Teaching is needed in all places and for all people. From working with preschool children to teaching university students, working in and out of the country, McKay alumna Dorie Haws understands this need and has gained perspective from meeting it. Haws graduated from BYU with an elementary education degree in 1990.
After teaching at Grandview Elementary her first year out of college, she went to Japan to teach. “I had a minor in Japanese and decided I wanted to use my language skills again,” Haws explained.
Upon returning to the States and Grandview Elementary two years later, Haws went back to BYU to earn her early childhood teaching certification. After seven more years at Grandview, she was hired as the first clinical faculty associate (CFA) in early childhood education at BYU. “Working as a CFA helped me understand better how to mentor and supervise college students, but I also found that I missed working in the classroom immensely,” Haws said.
After two years as a CFA, Haws went to work full time as head teacher trainer in the Child and Family Studies Laboratory.
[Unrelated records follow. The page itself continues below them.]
-- ===== src/Finding.antt =====
-- internal/finding/finding.go: findings and the set that keeps them unique and verified.
pub mod Severity
pub mod Model
pub mod Set
pub mod Key
pub mod Merge
pub mod Order
pub mod Summary
pub mod Verify
mod Tests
She has been working there for the last 14 years. “I absolutely love coming to ‘school’ every day, as I get to practice what I preach to the university students,” Haws said. “I often refer to my job as Mecca because I really do have the best of both worlds.”
With a variety of teaching experiences—from being a regular classroom teacher, to teaching in Japan, to working as a head teacher trainer in a university laboratory preschool—Haws has gained important insight about the field of education. Here are some of her thoughts on teaching.
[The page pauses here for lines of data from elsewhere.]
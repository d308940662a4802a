-- ===== src/Finding/Key.antt =====
-- internal/finding/finding.go: what a key tells apart.
use veritix.Base.{
  ℕ, zero, suc, length-take, ◌*◌, ◌≤◌, ◌<◌, ◌≡◌, ◌≢◌, ◌↔◌, refl, ap₂, arith, [], ◌∷◌, ◌++◌, Str,
  All, length, take, leb, ◌&&◌, ◌||◌, true, Bool,
}
use veritix.Base.Decimal.{show_int_inj}
use veritix.Finding.Model.{Finding, key, id, hex_encode}

-- A string with no byte 0.
abbrev pub NoNul : Str → Type 0
NoNul = All (λ c. c ≢ 0)

split_at_nul :
    (a b : Str) {s t : Str} → NoNul a → NoNul b → a ++ 0 ∷ s ≡ b ++ 0 ∷ t → (a ≡ b) × (s ≡ t)
split_at_nul [] [] ha hb e = ground arith
split_at_nul [] (c ∷ b) ha hb e = absurd (ground arith)
split_at_nul (c ∷ a) [] ha hb e = absurd (ground arith)
split_at_nul (c ∷ a) (d ∷ b) {s} {t} ha hb e =
    let tails : a ++ 0 ∷ s ≡ b ++ 0 ∷ t = ground arith in
    let heads : c ≡ d = ground arith in
    let rest = split_at_nul a b ha.1 hb.1 tails in (ap₂ ◌∷◌ heads rest.0, rest.1)

-- The rule, table and column of a finding hold no byte 0.
pub record IsPlain (f : Finding) : Type 0 where
  pub rule_plain : NoNul f.rule
  pub table_plain : NoNul f.location.table
  pub column_plain : NoNul f.location.column

-- What a key stands for.
pub record SameSubject (f g : Finding) : Type 0 where
  pub same_rule : f.rule ≡ g.rule
  pub same_table : f.location.table ≡ g.location.table
  pub same_column : f.location.column ≡ g.location.column
  pub same_line : f.location.line ≡ g.location.line

key→SameSubject : (f g : Finding) → IsPlain f → IsPlain g → key f ≡ key g → SameSubject f g
unfolding key
key→SameSubject f g p q e =
    let a = split_at_nul f.rule g.rule p.rule_plain q.rule_plain e in
    let b = split_at_nul f.location.table g.location.table p.table_plain q.table_plain a.1 in
    let c = split_at_nul f.location.column g.location.column p.column_plain q.column_plain b.1 in
    record {
      same_rule = a.0;
      same_table = b.0;
      same_column = c.0;
      same_line = show_int_inj f.location.line g.location.line c.1;
    }

SameSubject→key : (f g : Finding) → SameSubject f g → key f ≡ key g
unfolding key
SameSubject→key f g s = rw (s.same_rule, s.same_table, s.same_column, s.same_line)

-- Two findings whose rule, table and column hold no byte 0 have the same key exactly when their
-- rule, table, column and line agree.
pub key_iff_SameSubject :
    (f g : Finding) → IsPlain f → IsPlain g → (key f ≡ key g) ↔ SameSubject f g
key_iff_SameSubject f g p q = (key→SameSubject f g p q, SameSubject→key f g)

-- 0-9 or a-f.
abbrev pub is_hex : ℕ → Bool
is_hex c = (leb 48 c && leb c 57) || (leb 97 c && leb c 102)

hex_encode-is_hex : (s : Str) → All (λ b. b < 256) s → All (λ c. is_hex c ≡ true) (hex_encode s)
unfolding hex_encode
hex_encode-is_hex [] h = tt
hex_encode-is_hex (b ∷ s) h = (ground arith, (ground arith, hex_encode-is_hex s h.1))

length-hex_encode : (s : Str) → length (hex_encode s) ≡ 2 * length s
unfolding hex_encode
length-hex_encode [] = refl
length-hex_encode (b ∷ s) = omega (arith, length-hex_encode s)

All-take : (P : ℕ → Type 0) (n : ℕ) (s : Str) → All P s → All P (take n s)
All-take P zero s h = tt
All-take P (suc n) [] h = tt
All-take P (suc n) (c ∷ s) h = (h.0, All-take P n s h.1)

-- The id of a finding is sixteen lowercase hexadecimal digits, whatever names it is about, if the
-- digest is at least eight bytes.
pub id_url_safe :
    (sum256 : Str → Str) (f : Finding)
    → ((s : Str) → 8 ≤ length (sum256 s))
    → ((s : Str) → All (λ b. b < 256) (sum256 s))
    → (length (id sum256 f) ≡ 16) × All (λ c. is_hex c ≡ true) (id sum256 f)
unfolding id
id_url_safe sum256 f long bytes =
    let head = take 8 (sum256 (key f)) in
    (
      omega (arith, length-hex_encode head, length-take 8 (sum256 (key f)), long (key f)),
      hex_encode-is_hex head (All-take (λ b. b < 256) 8 (sum256 (key f)) (bytes (key f))),
    )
“My varied teaching experiences have taught me that teaching is really about the individual, whether a preschooler, a child in a multi-age classroom, a third grader, an upper-grade choir student, or a university student. As humans, we all have a desire to learn, but we need people in our lives to help learning come alive!”
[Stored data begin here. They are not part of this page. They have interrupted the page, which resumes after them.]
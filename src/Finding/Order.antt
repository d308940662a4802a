-- ===== src/Finding/Order.antt =====
-- internal/finding/finding.go: the order of `All`.
use mathlib.Core.List.{Perm}
use veritix.Base.{
  ◌≤◌, ◌≡◌, arith, Bool, true, false, not, List, [], ◌∷◌, All-map, str_eq, str_lt, str_lt_asym,
  str_lt_trans, str_lt_total, if◌then◌else◌, All, keep, ◌&&◌,
}
use veritix.Base.Sort.{IsWeakOrder, InOrder, lex-str, sort_by-perm, sort_by-InOrder, sort_by-keep}
use veritix.Finding.Severity.{rank}
use veritix.Finding.Model.{Finding}
use veritix.Finding.Set.{FindingSet, report_less, all}

abbrev Unrestricted : Finding → Type 0
Unrestricted f = Unit

rule_order : IsWeakOrder Unrestricted (λ a b. str_lt a.rule b.rule)
rule_order = record {
  asym = λ a b _ _. str_lt_asym a.rule b.rule;
  neg_trans = λ a b c _ _ _. ground (
    arith,
    str_lt_total a.rule b.rule,
    str_lt_total b.rule c.rule,
    str_lt_asym b.rule a.rule,
    str_lt_asym a.rule b.rule,
    str_lt_asym b.rule c.rule,
    str_lt_asym c.rule b.rule,
    str_lt_trans a.rule c.rule b.rule,
    str_lt_trans b.rule a.rule c.rule,
  );
}

place_order : IsWeakOrder Unrestricted (λ a b.
    if not (str_eq a.location.display b.location.display)
    then str_lt a.location.display b.location.display
    else if not (str_eq a.location.column b.location.column)
    then str_lt a.location.column b.location.column
    else str_lt a.rule b.rule)
place_order =
    lex-str Unrestricted (λ f. f.location.display) _
      (lex-str Unrestricted (λ f. f.location.column) _ rule_order)

pub report_less-IsWeakOrder : IsWeakOrder Unrestricted report_less
unfolding report_less
report_less-IsWeakOrder = record {
  asym = λ a b p q. ground (arith, place_order.asym a b p q);
  neg_trans = λ a b c p q r. ground (arith, place_order.neg_trans a b c p q r);
}

each_one : (xs : List Finding) → All Unrestricted xs
each_one [] = tt
each_one (x ∷ xs) = (tt, each_one xs)

-- No finding is followed by one of a higher severity.
abbrev pub SeverityFalls : List Finding → Type 0
SeverityFalls [] = Unit
SeverityFalls (x ∷ xs) = All (λ y. rank y.severity ≤ rank x.severity) xs × SeverityFalls xs

not_less→le : (x y : Finding) → report_less y x ≡ false → rank y.severity ≤ rank x.severity
unfolding report_less
not_less→le x y h = ground arith

InOrder→SeverityFalls : (xs : List Finding) → InOrder report_less xs → SeverityFalls xs
InOrder→SeverityFalls [] h = tt
InOrder→SeverityFalls (x ∷ xs) h = (All-map (not_less→le x) xs h.0, InOrder→SeverityFalls xs h.1)

-- The findings that the report's order does not tell apart from `c`.
abbrev pub alike : Finding → Finding → Bool
alike c x = not (report_less c x) && not (report_less x c)

alike_flat : (c a b : Finding) → alike c a ≡ true → alike c b ≡ true → report_less a b ≡ false
alike_flat c a b p q =
    report_less-IsWeakOrder.neg_trans a c b tt tt tt (ground arith) (ground arith)

-- `All` returns exactly the findings of the set, in the report's order, with no finding before one
-- of a higher severity, and findings that the order does not tell apart stay as they were added.
pub all_lem :
    (s : FindingSet) (c : Finding)
    → Perm (all s) s.items
      × InOrder report_less (all s)
      × SeverityFalls (all s)
      × (keep (alike c) (all s) ≡ keep (alike c) s.items)
unfolding all
all_lem s c =
    let ordered =
      sort_by-InOrder Unrestricted report_less report_less-IsWeakOrder s.items (each_one s.items) in
    (
      sort_by-perm report_less s.items,
      ordered,
      InOrder→SeverityFalls (all s) ordered,
      sort_by-keep report_less (alike c) (alike_flat c) s.items,
    )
My [work] as a teacher of all ages has provided many opportunities for me to interact with the individual. Even though there are boundaries in life we live by, each person has a story and needs someone to understand—not to change the boundary or expectation, but to understand and help. For students at any stage in their development, this never changes. Understanding takes time from my teaching schedule, but when time is given, many other issues or problems are often solved. I really do believe that my job as a teacher and instructor is to help students understand their potential and then give them the tools to reach that potential! When their needs are met in each domain of their lives, learning will come alive and the seed will have been planted to be a life-long learner.”